College Roomies from Hell!!! for Monday, September 2, 2002 [[Margaret's gun barrel is almost jammed into the back of Dave's head. Dave holds Chester (who's back to normal size). Margaret is seriously miffed. Dave is resigned to his fate.]] / Dave: <<*GULP*>> / [[Dave watches, wide-eyed, as Margaret pushes him aside and stalks into the building, head lowered.]] / <>
College Roomies from Hell!!! for Tuesday, September 3, 2002 [[April seeks Mike, unaware she is under surveillance]] / Waldo: [[off-panel]] (There she is!) / Steve: [[off-panel]] (Ssshhh.) / Waldo: (What? Man, I can shoot her from here!) / Steve: (No, we can't.) / Waldo: (Uh? Why the hell not?) / Steve: (Boss has plans for her... but we can get the others instead.)

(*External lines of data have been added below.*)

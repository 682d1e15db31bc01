-- ===== src/Synctest/Waiting.antt =====
-- When the parent stops waiting: every child has finished, and each was counted once.
use testunion.Common.{
  ℕ, zero, suc, ◌+◌, ◌-◌, ◌≤◌, ◌≡◌, inl, inr, refl, ap, subst, arith, List, [], ◌∷◌, some,
  if◌then◌else◌, ◌==◌, set, get_elem?, All, Bool-cases,
}
use testunion.Synctest.Parent.{
  Parent, parent, scan, unstarted, first_parent, Event, finish, reaped, interrupted, wait_error,
  Wait, finished, waiting, failed, wait_loop,
}

-- How many statuses are not 2.
abbrev pub pending : List ℕ → ℕ
pending [] = 0
pending (s ∷ rest) = if s == 2 then pending rest else suc (pending rest)

-- Events that can happen: a child finishes only once.
abbrev pub IsPossible : List Event → Parent → Type 0
IsPossible [] p = Unit
IsPossible (finish i ∷ events) p =
    (get_elem? p.child_status i ≡ some 0)
    × IsPossible events (parent (set p.child_status i 1) p.children_left p.stars)
IsPossible (reaped ∷ events) p = IsPossible events (scan p.child_status p.children_left p.stars)
IsPossible (interrupted ∷ events) p = IsPossible events p
IsPossible (wait_error ∷ events) p = Unit

-- The parent waits for the children whose status it has not seen, and it has seen the others.
abbrev pub IsSound : ℕ → Parent → Type 0
IsSound n p = (p.children_left ≡ pending p.child_status) × (p.stars + p.children_left ≡ n)

scan_lem :
    (s : List ℕ) (left stars : ℕ)
    → pending s ≤ left
    → ((scan s left stars).children_left + pending s
        ≡ left + pending (scan s left stars).child_status)
      × ((scan s left stars).stars + (scan s left stars).children_left ≡ stars + left)
unfolding scan
scan_lem [] left stars h = ground arith
scan_lem (x ∷ s) left stars h =
    ground (arith, scan_lem s (left - 1) (stars + 1), scan_lem s left stars)

pending-set : (s : List ℕ) (i : ℕ) → get_elem? s i ≡ some 0 → pending (set s i 1) ≡ pending s
pending-set [] i e = refl
pending-set (x ∷ s) zero e = ground arith
pending-set (x ∷ s) (suc i) e = ground (arith, pending-set s i e)

pending-unstarted : (n : ℕ) → pending (unstarted n) ≡ n
pending-unstarted zero = refl
pending-unstarted (suc n) = ground (arith, pending-unstarted n)

pending_zero : (s : List ℕ) → pending s ≡ 0 → All (λ x. x ≡ 2) s
pending_zero [] e = tt
pending_zero (x ∷ s) e = ground (arith, pending_zero s)

-- How many children have not finished, by the statuses and by the events.
abbrev pub unfinished : List ℕ → ℕ
unfinished [] = 0
unfinished (s ∷ rest) = if s == 0 then suc (unfinished rest) else unfinished rest

abbrev pub finishes : List Event → ℕ
finishes [] = 0
finishes (finish i ∷ events) = suc (finishes events)
finishes (reaped ∷ events) = finishes events
finishes (interrupted ∷ events) = finishes events
finishes (wait_error ∷ events) = finishes events

pub unfinished-scan :
    (s : List ℕ) (left stars : ℕ) → unfinished (scan s left stars).child_status ≡ unfinished s
unfolding scan
unfinished-scan [] left stars = refl
unfinished-scan (x ∷ s) left stars =
    ground (arith, unfinished-scan s (left - 1) (stars + 1), unfinished-scan s left stars)

pub unfinished-set :
    (s : List ℕ) (i : ℕ) → get_elem? s i ≡ some 0 → suc (unfinished (set s i 1)) ≡ unfinished s
unfinished-set [] i e = absurd (cc)
unfinished-set (x ∷ s) zero e = ground arith
unfinished-set (x ∷ s) (suc i) e = ground (arith, unfinished-set s i e)

unfinished_zero : (s : List ℕ) → All (λ x. x ≡ 2) s → unfinished s ≡ 0
unfinished_zero [] h = refl
unfinished_zero (x ∷ s) h = let e = h.0 in ground (arith, unfinished_zero s h.1)

pub unfinished-unstarted : (n : ℕ) → unfinished (unstarted n) ≡ n
unfinished-unstarted zero = refl
unfinished-unstarted (suc n) = ground (arith, unfinished-unstarted n)

module _ (n : ℕ) where
  pub IsSound-scan :
      (p : Parent) → IsSound n p → IsSound n (scan p.child_status p.children_left p.stars)
  IsSound-scan p h =
      let l = scan_lem p.child_status p.children_left p.stars (omega (arith, h.0)) in
      (omega (arith, l.0, h.0), omega (arith, l.1, h.1))

  pub IsSound-set :
      (p : Parent) (i : ℕ)
      → get_elem? p.child_status i ≡ some 0
      → IsSound n p
      → IsSound n (parent (set p.child_status i 1) p.children_left p.stars)
  IsSound-set p i e h = (omega (arith, pending-set p.child_status i e, h.0), h.1)

  finished-injective : {p q : Parent} → finished p ≡ finished q → p ≡ q
  finished-injective {p} {q} e = ap (λ w. elim w [ finished r ↦ r | _ ↦ p ]) e

  abbrev IsDone : List Event → Parent → Parent → Type 0
  IsDone events p q =
      IsSound n q
      × (q.children_left ≡ 0)
      × (unfinished p.child_status ≤ finishes events + unfinished q.child_status)

  stops :
      (events : List Event) (p : Parent) {q : Parent}
      → IsSound n p
      → p.children_left ≡ 0
      → finished p ≡ finished q
      → IsDone events p q
  stops events p s z e = subst (IsDone events p) (finished-injective e) (s, z, omega arith)

  -- The test of `while`, before the rest of the loop.
  tested :
      (events : List Event) (p : Parent) (rest : Wait) {q : Parent}
      → IsSound n p
      → (rest ≡ finished q → IsDone events p q)
      → ((if p.children_left == 0 then finished p else rest) ≡ finished q)
      → IsDone events p q
  tested events p rest s later e = elim (Bool-cases (p.children_left == 0)) [
    | inl z ↦ stops events p s (ground arith) (rw z at e)
    | inr z ↦ later (rw z at e)
  ]

  loop_sound :
      (events : List Event) (p : Parent) {q : Parent}
      → IsPossible events p
      → IsSound n p
      → wait_loop events p ≡ finished q
      → IsDone events p q
  unfolding wait_loop
  loop_sound [] p h s e = tested [] p (waiting p) s (λ d. absurd (cc)) e
  loop_sound (finish i ∷ events) p h s e =
      let next = parent (set p.child_status i 1) p.children_left p.stars in
      let less = unfinished-set p.child_status i h.0 in
      tested (finish i ∷ events) p (wait_loop events next) s
        (λ d.
          let (sound, none_left, each) = loop_sound events next h.1 (IsSound-set p i h.0 s) d in
          (sound, none_left, omega (arith, each, less)))
        e
  loop_sound (reaped ∷ events) p h s e =
      let next = scan p.child_status p.children_left p.stars in
      let same = unfinished-scan p.child_status p.children_left p.stars in
      tested (reaped ∷ events) p (wait_loop events next) s
        (λ d.
          let (sound, none_left, each) = loop_sound events next h (IsSound-scan p s) d in
          (sound, none_left, omega (arith, each, same)))
        e
  loop_sound (interrupted ∷ events) p h s e =
      tested (interrupted ∷ events) p (wait_loop events p) s (loop_sound events p h s) e
  loop_sound (wait_error ∷ events) p h s e =
      tested (wait_error ∷ events) p (failed p) s (λ d. absurd (cc)) e

pub IsSound-first : (n : ℕ) → IsSound n (first_parent n)
unfolding first_parent
IsSound-first n = (omega (arith, pending-unstarted n), omega arith)

-- If a child finishes at most once, and the parent leaves its loop, then it has seen every one of
-- its children: the statuses are 2, it has printed a star for each, and each has finished.
pub wait_loop_sound :
    (n_threads : ℕ) (events : List Event) (q : Parent)
    → IsPossible events (first_parent n_threads)
    → wait_loop events (first_parent n_threads) ≡ finished q
    → All (λ s. s ≡ 2) q.child_status × (q.stars ≡ n_threads) × (n_threads ≤ finishes events)
unfolding first_parent
wait_loop_sound n events q h e =
    let (sound, none_left, each) = loop_sound n events (first_parent n) h (IsSound-first n) e in
    let all = pending_zero q.child_status (omega (arith, sound.0, none_left)) in
    (
      all,
      omega (arith, sound.1, none_left),
      omega (arith, each, unfinished_zero q.child_status all, unfinished-unstarted n),
    )

-- No event is an error of `wait3`.
abbrev pub IsCalm : List Event → Type 0
IsCalm [] = Unit
IsCalm (wait_error ∷ events) = ⊥
IsCalm (finish i ∷ events) = IsCalm events
IsCalm (reaped ∷ events) = IsCalm events
IsCalm (interrupted ∷ events) = IsCalm events

abbrev pub IsStatus : ℕ → Type 0
IsStatus s = s ≤ 2

pub scan_settles :
    (s : List ℕ) (left stars : ℕ)
    → All IsStatus s
    → All IsStatus (scan s left stars).child_status
      × (pending (scan s left stars).child_status ≡ unfinished s)
unfolding scan
scan_settles [] left stars h = (tt, refl)
scan_settles (x ∷ s) left stars h =
    ground (arith, scan_settles s (left - 1) (stars + 1) h.1, scan_settles s left stars h.1)

pub IsStatus-set : (s : List ℕ) (i : ℕ) → All IsStatus s → All IsStatus (set s i 1)
IsStatus-set [] i h = tt
IsStatus-set (x ∷ s) zero h = (omega arith, h.1)
IsStatus-set (x ∷ s) (suc i) h = (h.0, IsStatus-set s i h.1)

pub IsStatus-unstarted : (n : ℕ) → All IsStatus (unstarted n)
IsStatus-unstarted zero = tt
IsStatus-unstarted (suc n) = (omega arith, IsStatus-unstarted n)
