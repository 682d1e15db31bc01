-- ===== src/Synctest/Returning.antt =====
-- The parent does stop waiting, once its children have finished and a `wait3` follows.
use testunion.Common.{
  ℕ, ◌≤◌, ◌≡◌, refl, arith, List, [], ◌∷◌, ◌++◌, if◌then◌else◌, ◌==◌, set, All, Bool-cases, inl,
  inr,
}
use testunion.Synctest.Parent.{
  Parent, parent, scan, first_parent, Event, finish, reaped, interrupted, wait_error, Wait,
  finished, wait_loop,
}
use testunion.Synctest.Waiting.{
  IsPossible, IsSound, IsSound-scan, IsSound-set, IsSound-first, unfinished, finishes, IsCalm,
  IsStatus, scan_settles, IsStatus-set, IsStatus-unstarted, unfinished-scan, unfinished-set,
  unfinished-unstarted,
}

abbrev Finishes : Wait → Type 0
Finishes w = (q : Parent) × (w ≡ finished q)

tested :
    (p : Parent) (rest : Wait)
    → Finishes rest
    → Finishes (if p.children_left == 0 then finished p else rest)
tested p rest h = elim (Bool-cases (p.children_left == 0)) [
  | inl z ↦ (p, rw z refl)
  | inr z ↦ rw z h
]

module _ (n : ℕ) where
  -- A `wait3` after the last child finished ends the loop.
  last_wait :
      (p : Parent)
      → IsSound n p
      → All IsStatus p.child_status
      → unfinished p.child_status ≡ 0
      → Finishes (wait_loop (reaped ∷ []) p)
  unfolding wait_loop
  last_wait p s h z =
      let next = scan p.child_status p.children_left p.stars in
      let none_left : next.children_left ≡ 0 = omega (
        arith,
        (IsSound-scan n p s).0,
        (scan_settles p.child_status p.children_left p.stars h).1,
        z,
      ) in
      tested p _ (next, ground arith)

  loop_finishes :
      (events : List Event) (p : Parent)
      → IsPossible events p
      → IsCalm events
      → IsSound n p
      → All IsStatus p.child_status
      → unfinished p.child_status ≤ finishes events
      → Finishes (wait_loop (events ++ (reaped ∷ [])) p)
  unfolding wait_loop
  loop_finishes [] p h c s t u = last_wait p s t (omega arith)
  loop_finishes (finish i ∷ events) p h c s t u = tested p _ (
      loop_finishes events (parent (set p.child_status i 1) p.children_left p.stars) h.1 c
        (IsSound-set n p i h.0 s) (IsStatus-set p.child_status i t)
        (omega (arith, unfinished-set p.child_status i h.0, u)))
  loop_finishes (reaped ∷ events) p h c s t u = tested p _ (
      loop_finishes events (scan p.child_status p.children_left p.stars) h c (IsSound-scan n p s)
        (scan_settles p.child_status p.children_left p.stars t).0
        (omega (arith, unfinished-scan p.child_status p.children_left p.stars, u)))
  loop_finishes (interrupted ∷ events) p h c s t u = tested p _ (loop_finishes events p h c s t u)
  loop_finishes (wait_error ∷ events) p h c s t u = absurd c

-- If every child finishes, once, and no wait3 fails but with EINTR, then the parent leaves its loop
-- at the latest after one more wait3.
pub wait_loop_returns :
    (n_threads : ℕ) (events : List Event)
    → IsPossible events (first_parent n_threads)
    → IsCalm events
    → n_threads ≤ finishes events
    → (q : Parent) × (wait_loop (events ++ (reaped ∷ [])) (first_parent n_threads) ≡ finished q)
unfolding first_parent
wait_loop_returns n events h c u =
    loop_finishes n events (first_parent n) h c (IsSound-first n) (IsStatus-unstarted n)
      (omega (arith, unfinished-unstarted n, u))
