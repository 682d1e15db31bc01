-- ===== src/Synctest/Whole.antt =====
-- The options, the children, the loop that waits and the directories together.
use testunion.Common.{
  ℕ, zero, suc, ◌+◌, ◌*◌, ◌%◌, ◌≤◌, ◌<◌, ◌≡◌, ◌↔◌, refl, arith, List, [], ◌∷◌, ◌++◌, Bool, true,
  ◌==◌, some, ℤ, pos, word64, u64, Bool-cases, inl, inr,
}
use testunion.Common.Options.{Text, Opt, fold_options}
use testunion.Synctest.Parent.{first_parent, Event, reaped}
use testunion.Synctest.Main.{
  Options, defaults, set_option, exits, starts_all, wait_and_remove, start_and_wait, doit, main,
}
use testunion.Synctest.Waiting.{IsPossible, IsCalm, finishes}
use testunion.Synctest.Returning.{wait_loop_returns}
use testunion.Synctest.Directories.{InOrder, made, removed, directories_lem}

starts_all_lem :
    (t : ℕ) (mkdir : ℕ → Bool)
    → ((g : ℕ) → mkdir g ≡ true)
    → (i groups left : ℕ) → starts_all t mkdir i groups left ≡ true
unfolding starts_all
starts_all_lem t mkdir works i groups zero = refl
starts_all_lem t mkdir works i groups (suc left) = elim (Bool-cases (i % t == 0)) [
  | inl z ↦ rw (z, works groups) (starts_all_lem t mkdir works (i + 1) (groups + 1) left)
  | inr z ↦ rw z (starts_all_lem t mkdir works (i + 1) groups left)
]

-- With options that give at least one thread per directory and no negative number of threads, if
-- the mapping and every mkdir succeed, every child finishes, once, and no wait3 fails but with
-- EINTR, then main ends with status 0 at the latest after one more wait3; each directory was made
-- before its children started, and as many were removed as were made exactly when the threads
-- divide evenly among the directories.
pub main-returns :
    (strtol : Text → ℤ) (opts : List Opt) (o : Options) (n t : ℕ) (mmap mkdir : ℕ → Bool)
    (events : List Event)
    → fold_options (set_option strtol) opts defaults ≡ some o
    → o.n_threads ≡ pos n
    → o.threads_per_dir ≡ pos t
    → 0 < t
    → mmap (u64 (word64 (pos n) * 4)) ≡ true
    → ((g : ℕ) → mkdir g ≡ true)
    → IsPossible events (first_parent n)
    → IsCalm events
    → n ≤ finishes events
    → let d = main mmap mkdir (events ++ (reaped ∷ [])) strtol opts 1 in
      (d.ending ≡ exits 0)
      × InOrder t 0 d.started
      × ((made d.started ≡ removed d.removed) ↔ (n % t ≡ 0))
unfolding main doit start_and_wait wait_and_remove
main-returns strtol opts o n zero mmap mkdir events parsed threads dirs positive maps works possible
      calm enough =
    absurd (omega arith)
main-returns strtol opts o n (suc t) mmap mkdir events parsed threads dirs positive maps works
      possible calm enough =
    let (q, ends) = wait_loop_returns n events possible calm enough in
    let all_start = starts_all_lem (suc t) mkdir works 0 0 n in
    let (order, count) = directories_lem (suc t) n mkdir positive works in
    rw (main, parsed, doit, threads, dirs, maps, start_and_wait, all_start, wait_and_remove, ends)
      (refl, order, count)
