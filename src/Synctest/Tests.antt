-- ===== src/Synctest/Tests.antt =====
-- The theorems of Synctest at two or three children, and runs of the two processes.
use testunion.Common.{
  ap, get_or, ◌+◌, ℕ, ◌-◌, ℤ, pos, some, none, ◌%◌, ◌≤◌, ◌≡◌, ◌↔◌, refl, arith, List, [], ◌∷◌, ◌++◌,
  Bool, true, false, All, ◌==◌, length, if◌then◌else◌,
}
use testunion.Synctest.Child.{
  Name, Call, Run, going, exited, iterations, do_child, create_from, Settings, first_child,
  next_to_write, do_one_file, and_then, make_call, write_stuff_to, sync_dir, rename_from,
}
use testunion.Synctest.Parent.{
  Event, finish, reaped, interrupted, Parent, parent, finished, first_parent, wait_loop, scan,
}
use testunion.Synctest.Ends.{Ends}
use testunion.Synctest.Lag.{iterations_lag}
use testunion.Synctest.Waiting.{wait_loop_sound, finishes, IsPossible}
use testunion.Common.Options.{Text, Opt, fold_options}
use testunion.Synctest.Main.{
  Options, defaults, set_option, to_int, exits, killed, stopped, main, doit, start_and_wait,
  run_child, child_settings, iter_count,
}
use testunion.Synctest.Whole.{main-returns}
use testunion.Synctest.Names.{IsPadded, name_text, dir_text, buffer_size, name_text_lem}
use testunion.Synctest.Together.{here, there, Merge, none_left, latest, Leads}
use testunion.Synctest.Children.{Fork, run_fork, is_going, traces, children-Leads}
use testunion.Synctest.Directories.{InOrder, made, removed}

abbrev options : Settings
options = record {
  use_fsync = true;
  use_osync = false;
  fsync_parent = true;
  do_unlink = true;
  thread_group = 0;
  pid = 42;
}

-- Every call succeeds.
abbrev all_well : List Call → Call → Bool
all_well calls call = true

-- The eleventh call fails.
abbrev eleventh_fails : List Call → Call → Bool
eleventh_fails calls call = if length calls == 10 then false else true

abbrev calls_of : Run → ℕ
calls_of (going c) = length c.calls
calls_of (exited call calls) = length calls

-- A file takes eleven calls with these options.
one_file_runs : calls_of (do_one_file all_well options 0 first_child) ≡ 11
unfolding do_one_file and_then make_call write_stuff_to sync_dir rename_from
one_file_runs = refl

failing_runs : calls_of (do_one_file eleventh_fails options 0 first_child) ≡ 10
unfolding do_one_file and_then make_call write_stuff_to sync_dir rename_from
failing_runs = refl

to_write_runs : (next_to_write 5000 ≡ 5500) × (next_to_write 240000 ≡ 5000)
unfolding next_to_write
to_write_runs = (refl, refl)

iterations_lag_example : Ends all_well 42 [] (iterations all_well options 2 first_child)
iterations_lag_example = iterations_lag all_well options 2 refl

-- Two children finish, with a `wait3` between, and one that a signal interrupts.
abbrev events : List Event
events = finish 1 ∷ reaped ∷ interrupted ∷ finish 0 ∷ []

abbrev seen : Parent
seen = parent (2 ∷ 2 ∷ []) 0 2

wait_runs : wait_loop (events ++ (reaped ∷ [])) (first_parent 2) ≡ finished seen
unfolding wait_loop first_parent scan
wait_runs = refl

events-IsPossible : IsPossible events (first_parent 2)
unfolding first_parent scan
events-IsPossible = (refl, (refl, tt))

more_events-IsPossible : IsPossible (events ++ (reaped ∷ [])) (first_parent 2)
unfolding first_parent scan
more_events-IsPossible = (refl, (refl, tt))

wait_loop_sound_example :
    All (λ s. s ≡ 2) seen.child_status × (seen.stars ≡ 2) × (2 ≤ finishes (events ++ (reaped ∷ [])))
wait_loop_sound_example =
    wait_loop_sound 2 (events ++ (reaped ∷ [])) seen more_events-IsPossible wait_runs

-- A single digit, as `strtol` reads it.
abbrev digit : Text → ℤ
digit [] = pos 0
digit (c ∷ cs) = pos (c - b'0')

-- -t 2 -u
abbrev two_threads : List Opt
two_threads =
    record { letter = b't'; optarg = b'2' ∷ [] } ∷ record { letter = b'u'; optarg = [] } ∷ []

abbrev parsed : Options
parsed = record defaults { n_threads = pos 2; do_unlink = 1 }

parsed_runs : fold_options (set_option digit) two_threads defaults ≡ some parsed
unfolding fold_options set_option to_int
parsed_runs = refl

main-returns_example :
    let d = main (λ _. true) (λ _. true) (events ++ (reaped ∷ [])) digit two_threads 1 in
    (d.ending ≡ exits 0)
    × InOrder 1 0 d.started
    × ((made d.started ≡ removed d.removed) ↔ (2 % 1 ≡ 0))
main-returns_example =
    main-returns digit two_threads parsed 2 1 (λ _. true) (λ _. true) events parsed_runs refl refl
      (omega arith) refl (λ _. refl) events-IsPossible tt (omega arith)

-- With -p 0 the program is killed by a division.
no_dirs_runs :
    main (λ _. true) (λ _. true) [] digit (record { letter = b'p'; optarg = b'0' ∷ [] } ∷ []) 1
    ≡ stopped [] killed
unfolding main doit start_and_wait fold_options set_option to_int
no_dirs_runs = refl

-- Two children in one directory: the fourth call of the first fails, and the third of the second.
abbrev stops_at : ℕ → List Call → Call → Bool
stops_at k calls call = if length calls == k then false else true

abbrev forks : List Fork
forks =
    record { pid = 7; thread_group = 0; kernel = stops_at 3 }
    ∷ record { pid = 8; thread_group = 0; kernel = stops_at 2 }
    ∷ []

abbrev first_name : ℕ → Name
first_name pid = record { thread_group = 0; pid = pid; pass = none; fileno = 0 }

abbrev mixed : List Call
mixed =
    Call.write 5000
    ∷ Call.open_file (first_name 7) false
    ∷ Call.open_file (first_name 8) false
    ∷ Call.open_dir 0
    ∷ Call.open_dir 0
    ∷ []

mixed-Merge : Merge (traces parsed forks) mixed
unfolding run_child child_settings iter_count iterations do_child create_from do_one_file and_then
    make_call write_stuff_to
mixed-Merge = latest _ _ _ _ (here _ _ _) (
    latest _ _ _ _ (here _ _ _) (
      latest _ _ _ _ (there _ _ _ _ (here _ _ _)) (
        latest _ _ _ _ (there _ _ _ _ (here _ _ _))
          (latest _ _ _ _ (here _ _ _) (none_left _ (refl, (refl, tt)))))))

children-Leads_example :
    (names : List Name) × Leads 62 mixed names
    × (All (λ f. is_going (run_fork parsed f) ≡ true) forks → names ≡ [])
children-Leads_example =
    children-Leads parsed refl forks mixed ((omega arith, tt), ((tt), tt)) mixed-Merge

-- A number as one character; `%05d` prints five digits or more.
abbrev padded : ℕ → ℕ → Text
padded w n = (b'0' + n) ∷ []

padded-IsPadded : IsPadded padded
padded-IsPadded = record {
  injective = λ w m n e. omega (arith, ap (λ l. get_or l 0 0) e);
  digits = λ w n. (((λ e. omega (arith, e)), λ e. omega (arith, e)), tt);
  short = λ w n le small. omega arith;
}

abbrev renamed_once : Name
renamed_once = record { thread_group = 0; pid = 7; pass = some 0; fileno = 0 }

name_text_lem_example :
    (length (name_text padded (b't' ∷ []) (first_name 7)) + 1 ≤ buffer_size (b't' ∷ []))
    × (length (dir_text padded (b't' ∷ []) 0) + 1 ≤ buffer_size (b't' ∷ []))
    × ((name_text padded (b't' ∷ []) (first_name 7) ≡ name_text padded (b't' ∷ []) renamed_once)
        ↔ (first_name 7 ≡ renamed_once))
name_text_lem_example =
    name_text_lem padded-IsPadded (b't' ∷ []) (first_name 7) renamed_once
      (omega arith, omega arith, omega arith, λ k e. absurd (cc))
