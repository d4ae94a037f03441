-- ===== src/Connection/Probe.antt =====
-- The connection probes of src/knx_telegram_store/connection.py, and the checks of
-- backends/postgres.py and backends/sqlite.py that run them.
use knx_telegram_store.Prelude.{Bool, true, false, not, Option, none, some, if◌then◌else◌}
use knx_telegram_store.Connection.{
  ConnectionErrorKind, auth, host_unreachable, database_missing, permission, timeout,
  missing_dependency, missing_timescaledb, unknown, ConnectionCheckResult, success, failure,
}

-- The classes that the code tells apart by `isinstance`: Python's, asyncpg's, and any other.
pub data CaughtClass : Type 0 where
  timeout_error : CaughtClass
  import_error : CaughtClass
  permission_error : CaughtClass
  gaierror : CaughtClass
  connection_refused_error : CaughtClass
  other_os_error : CaughtClass
  invalid_password_error : CaughtClass
  invalid_authorization_specification_error : CaughtClass
  invalid_catalog_name_error : CaughtClass
  insufficient_privilege_error : CaughtClass
  other_error : CaughtClass

-- An exception that a probe caught, with the `orig` of SQLAlchemy's wrapper.
pub record Caught : Type 0 where
  pub own : CaughtClass
  pub orig : Option CaughtClass

-- `getattr(exc, "orig", None) or exc`
abbrev pub unwrapped : Caught → CaughtClass
unwrapped c = elim c.orig [ none ↦ c.own | some inner ↦ inner ]

abbrev pub is_timeout : CaughtClass → Bool
is_timeout timeout_error = true
is_timeout _ = false

-- `isinstance(orig, OSError)`, of which a timeout and the network errors are subclasses.
abbrev pub is_os_error : CaughtClass → Bool
is_os_error timeout_error = true
is_os_error permission_error = true
is_os_error gaierror = true
is_os_error connection_refused_error = true
is_os_error other_os_error = true
is_os_error _ = false

abbrev pub asyncpg_kind : CaughtClass → Option ConnectionErrorKind
asyncpg_kind invalid_password_error = some auth
asyncpg_kind invalid_authorization_specification_error = some auth
asyncpg_kind invalid_catalog_name_error = some database_missing
asyncpg_kind insufficient_privilege_error = some permission
asyncpg_kind _ = none

abbrev pub network_kind : CaughtClass → ConnectionErrorKind
network_kind c = if is_os_error c then host_unreachable else unknown

abbrev pub driver_kind : Bool → CaughtClass → ConnectionErrorKind
driver_kind false c = network_kind c
driver_kind true c = elim (asyncpg_kind c) [ none ↦ network_kind c | some kind ↦ kind ]

abbrev pub classify_class : Bool → CaughtClass → ConnectionErrorKind
classify_class has_asyncpg timeout_error = timeout
classify_class has_asyncpg import_error = missing_dependency
classify_class has_asyncpg c = driver_kind has_asyncpg c

-- `has_asyncpg` says whether asyncpg can be imported.
unfoldable pub classify_postgres_error : Bool → Caught → ConnectionErrorKind
classify_postgres_error has_asyncpg c = classify_class has_asyncpg (unwrapped c)

unfoldable pub classify_sqlite_error : Caught → ConnectionErrorKind
classify_sqlite_error c = if is_os_error (unwrapped c) then permission else unknown

-- How the awaited probe ends.
pub data Probed (A : Type 0) : Type 0 where
  returned : A → Probed A
  failed : Caught → Probed A

abbrev pub failure_of : (Caught → ConnectionErrorKind) → Caught → ConnectionCheckResult
failure_of classify c = if is_timeout c.own then failure timeout else failure (classify c)

unfoldable pub probe_engine : (Caught → ConnectionErrorKind) → Probed Unit → ConnectionCheckResult
probe_engine classify (returned done) = success
probe_engine classify (failed c) = failure_of classify c

-- The probe returns whether it found a row.
unfoldable pub probe_timescaledb : Bool → Probed Bool → ConnectionCheckResult
unfolding classify_postgres_error
probe_timescaledb has_asyncpg (returned found) =
    if found then success else failure missing_timescaledb
probe_timescaledb has_asyncpg (failed c) = failure_of (classify_postgres_error has_asyncpg) c

abbrev pub is_missing_timescaledb : ConnectionErrorKind → Bool
is_missing_timescaledb missing_timescaledb = true
is_missing_timescaledb _ = false

unfoldable pub timescale_advisory : ConnectionCheckResult → ConnectionCheckResult
timescale_advisory result =
    if result.is_ok then success else if is_missing_timescaledb result.kind then success else result

-- `PostgresStore.check_connection` and `check_config`: the second probe runs if the first is fine.
unfoldable pub check_postgres : Bool → Probed Unit → Probed Bool → ConnectionCheckResult
unfolding probe_engine probe_timescaledb timescale_advisory
check_postgres has_asyncpg select_one extension =
    let result = probe_engine (classify_postgres_error has_asyncpg) select_one in
    let advised = timescale_advisory (probe_timescaledb has_asyncpg extension) in
    if not result.is_ok then result else advised

-- `SqliteStore.check_connection`
unfoldable pub check_sqlite : Probed Unit → ConnectionCheckResult
unfolding probe_engine classify_sqlite_error
check_sqlite select_one = probe_engine classify_sqlite_error select_one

College Roomies from Hell!!! for Wednesday, September 4, 2002 [[At the bottom of the elevator shaft]] / April: [[off-panel]] Mike? Is that you in there? / [[Satan licks his lips]] / <<*slurp*>> / Mike: Ooh no, you WON'T. / Mike: April, no matter what, don't open the door! / April: [[off-panel]] Why not? Are you hurt? / Mike: Go away! I'm... / [[Satan squeezes Mike's (broken?) leg]] / Satan: <> / Mike: GGGNNFFF... fiiiine. / April: [[off-panel]] Oh. Well, I placed the bombs. So, let's go. / Mike: You... you guys go without me... gghh, set them off. / April: [[off-panel]] WHAT? Are you crazy? We can't do that! / Mike: Better to lose... one single point... but the convergence... / April: [[off-panel]] Uh? The what and the what? / [[Satan continues to apply pressure to fractured bone]] / Mike: Ah... April, you're m-making things h... harder for me... please! / April: [[off-panel]] You're asking me... US... to kill you, Mike. "Please" is not gonna do it. / Mike: I'm sure... AGNH, there's a really good reason f-f-for you to do it, but I, I... / Mike: I can't...!! Uh... THINK... / Mike: [[shouting as he smacks Satan in the chops]] GRRNNHJust leave me alone, f@#&erhead!!! / <> / April: [[off-panel]] WHAT???
College Roomies from Hell!!! for Thursday, September 5, 2002 [[Roger, in werecoyote form, watches Marsha's back as she picks off robots]] / Marsha: Well, I ran out of bullets, but I think we're done here! / Roger: Yeah, but we still... *sniff sniff*... damn. / Roger: Smells like... evil teen spirit... / [[In a wider frame, we see that Steve and Waldo surround Marsha and Roger. Waldo holds a beach-ball sized plasma ball. Steve is casually tossing a softball-sized plasma ball in his right hand.]] / Steve: Hey, look, Waldo. Someone left the kennel door open! / Roger: Eh... stay behind me, Marsha. / Marsha: I don't see how THAT is supposed to help. / Waldo: Heheheh... / Roger: It doesn't help, but I just don't want their balls zapping by butt. / Marsha: Well, when you put it like THAT...
College Roomies from Hell!!! for Friday, September 6, 2002 [[Meanwhile, back in the elevator shaft, Mike wrestles with Satan (literally).]] / April: [[off-panel]] What did you just call me??? / Mike: ENGH! You heard me! And double THAT! / Mike: MPHH! I HATE you all! You're idiots! There, now go do what I say before I get REALLY mad! / April: Mike... I'm not that easy to manipulate, c'mon. I know you're trying to make me hate you, but it ain't gonna happen. / April: I mean, you're a jerk, we all know that. But even if, if we can never, well, you know... because Marsha would never forgive us... I can't let you die like this. / Mike: Say... WHAT??? / Satan: AH-HAAH!